Graduate School of Informatics, Kyoto University, Yoshida-Honmachi, Sakyo, Kyoto 606-8501, Japan.
Human Health Sciences, Graduate School of Medicine, Kyoto University, Shogoin-Kawahara-cho, Sakyo, Kyoto 606-8507, Japan.
Med Image Anal. 2021 Jan;67:101829. doi: 10.1016/j.media.2020.101829. Epub 2020 Oct 10.
Respiratory motion and the associated deformations of abdominal organs and tumors are essential information in clinical applications. However, inter- and intra-patient multi-organ deformations are complex and have not been statistically formulated, whereas single organ deformations have been widely studied. In this paper, we introduce a multi-organ deformation library and its application to deformation reconstruction based on the shape features of multiple abdominal organs. Statistical multi-organ motion/deformation models of the stomach, liver, left and right kidneys, and duodenum were generated by shape matching their region labels defined on four-dimensional computed tomography images. A total of 250 volumes were measured from 25 pancreatic cancer patients. This paper also proposes a per-region-based deformation learning using the non-linear kernel model to predict the displacement of pancreatic cancer for adaptive radiotherapy. The experimental results show that the proposed concept estimates deformations better than general per-patient-based learning models and achieves a clinically acceptable estimation error with a mean distance of 1.2 ± 0.7 mm and a Hausdorff distance of 4.2 ± 2.3 mm throughout the respiratory motion.

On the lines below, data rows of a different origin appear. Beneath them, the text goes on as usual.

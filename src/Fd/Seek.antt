-- ===== src/Fd/Seek.antt =====
-- kernel/syscalls/lseek.c, read.c and write.c: the position of an open file, and the way to the
-- operations of its inode, which are arguments. An int is its 32-bit pattern.
use fiwix_arm.Base.{Option, if◌then◌else◌, leb, none, some, ℕ, ◌+◌, ◌==◌, ◌^◌}
use fiwix_arm.Base.Store.{update}
use fiwix_arm.Base.Bits.{u32}
use fiwix_arm.Base.Errno.{Errno, Result, fail, done, inval, badf, perm}
use fiwix_arm.Process.{has_bits}
use fiwix_arm.Fd.{Files, is_bad}

pub data Whence : Type 0 where
  seek_set seek_cur seek_end other : Whence

unfoldable pub new_offset : Whence → ℕ → ℕ → ℕ → Option ℕ
new_offset seek_set at size offset = some offset
new_offset seek_cur at size offset = some (u32 (at + offset))
new_offset seek_end at size offset = some (u32 (size + offset))
new_offset other at size offset = none

-- `at_offset` stores the position in the open file.
unfoldable pub at_offset : Files → ℕ → ℕ → Files
at_offset st n offset = record st {
  fd_table = update st.fd_table n (record (st.fd_table n) { offset = offset });
}

-- `llseek` is the operation of the inode, if it has one, which answers with a position; `i_size` is
-- the size of each inode.
unfoldable pub sys_lseek :
    (ℕ → Option (ℕ → ℕ)) → (ℕ → ℕ) → ℕ → ℕ → Whence → Files → Files × Result ℕ
unfolding new_offset at_offset
sys_lseek llseek i_size ufd offset whence st =
    let n = st.fd ufd in
    let file = st.fd_table n in
    let sought : ℕ → Files × Result ℕ = λ o. elim (llseek file.inode) [
      | none ↦ (st, fail perm)
      | some f ↦ (at_offset st n o, done (u32 (f o)))
    ] in
    let moved : Files × Result ℕ = elim (new_offset whence file.offset (i_size file.inode) offset) [
      | none ↦ (st, fail inval)
      | some o ↦ if leb (2 ^ 31) o then (st, fail inval) else sought o
    ] in
    if is_bad st ufd then (st, fail badf) else moved

abbrev pub o_rdonly : ℕ
o_rdonly = 0

abbrev pub o_wronly : ℕ
o_wronly = 1

-- `read` or `write` of an inode, if it has one: it takes the open file and the count.
abbrev pub Operation : Type 0
Operation = ℕ → Option (ℕ → ℕ → Files → Files × Result ℕ)

-- `area` is what `check_user_area` answers; `refused` is the flag that forbids the call.
unfoldable pub transfer : ℕ → Operation → ℕ → ℕ → Option Errno → Files → Files × Result ℕ
transfer refused op ufd count area st =
    let n = st.fd ufd in
    let file = st.fd_table n in
    let called : Files × Result ℕ = elim (op file.inode) [
      | none ↦ (st, fail inval)
      | some f ↦ f n count st
    ] in
    let checked : Files × Result ℕ =
      if has_bits file.flags refused
      then (st, fail badf)
      else if count == 0
      then (st, done 0)
      else if leb (2 ^ 31) count
      then (st, fail inval)
      else called in
    let allowed : Files × Result ℕ = elim area [ none ↦ checked | some e ↦ (st, fail e) ] in
    if is_bad st ufd then (st, fail badf) else allowed

unfoldable pub sys_read : Operation → ℕ → ℕ → Option Errno → Files → Files × Result ℕ
unfolding transfer
sys_read read ufd count area st = transfer o_wronly read ufd count area st

unfoldable pub sys_write : Operation → ℕ → ℕ → Option Errno → Files → Files × Result ℕ
unfolding transfer
sys_write write ufd count area st = transfer o_rdonly write ufd count area st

呼吸运动及腹部器官和肿瘤的相关变形是临床应用中的重要信息。然而,患者间和患者内的多器官变形较为复杂,尚未进行统计学描述,而单一器官变形已得到广泛研究。本文引入了一个多器官变形库,并基于多个腹部器官的形状特征,将其应用于变形重建。通过对四维 CT 图像上的区域标签进行形状匹配,生成了胃、肝、左肾、右肾和十二指肠的统计多器官运动/变形模型。本文还提出了一种基于区域的变形学习方法,使用非线性核模型来预测胰腺癌的位移,以实现自适应放疗。实验结果表明,与一般基于每个患者的学习模型相比,所提出的概念能更好地估计变形,且在整个呼吸运动过程中,其平均距离为 1.2 毫米±0.7 毫米,Hausdorff 距离为 4.2 毫米±2.3 毫米,达到了临床可接受的估计误差。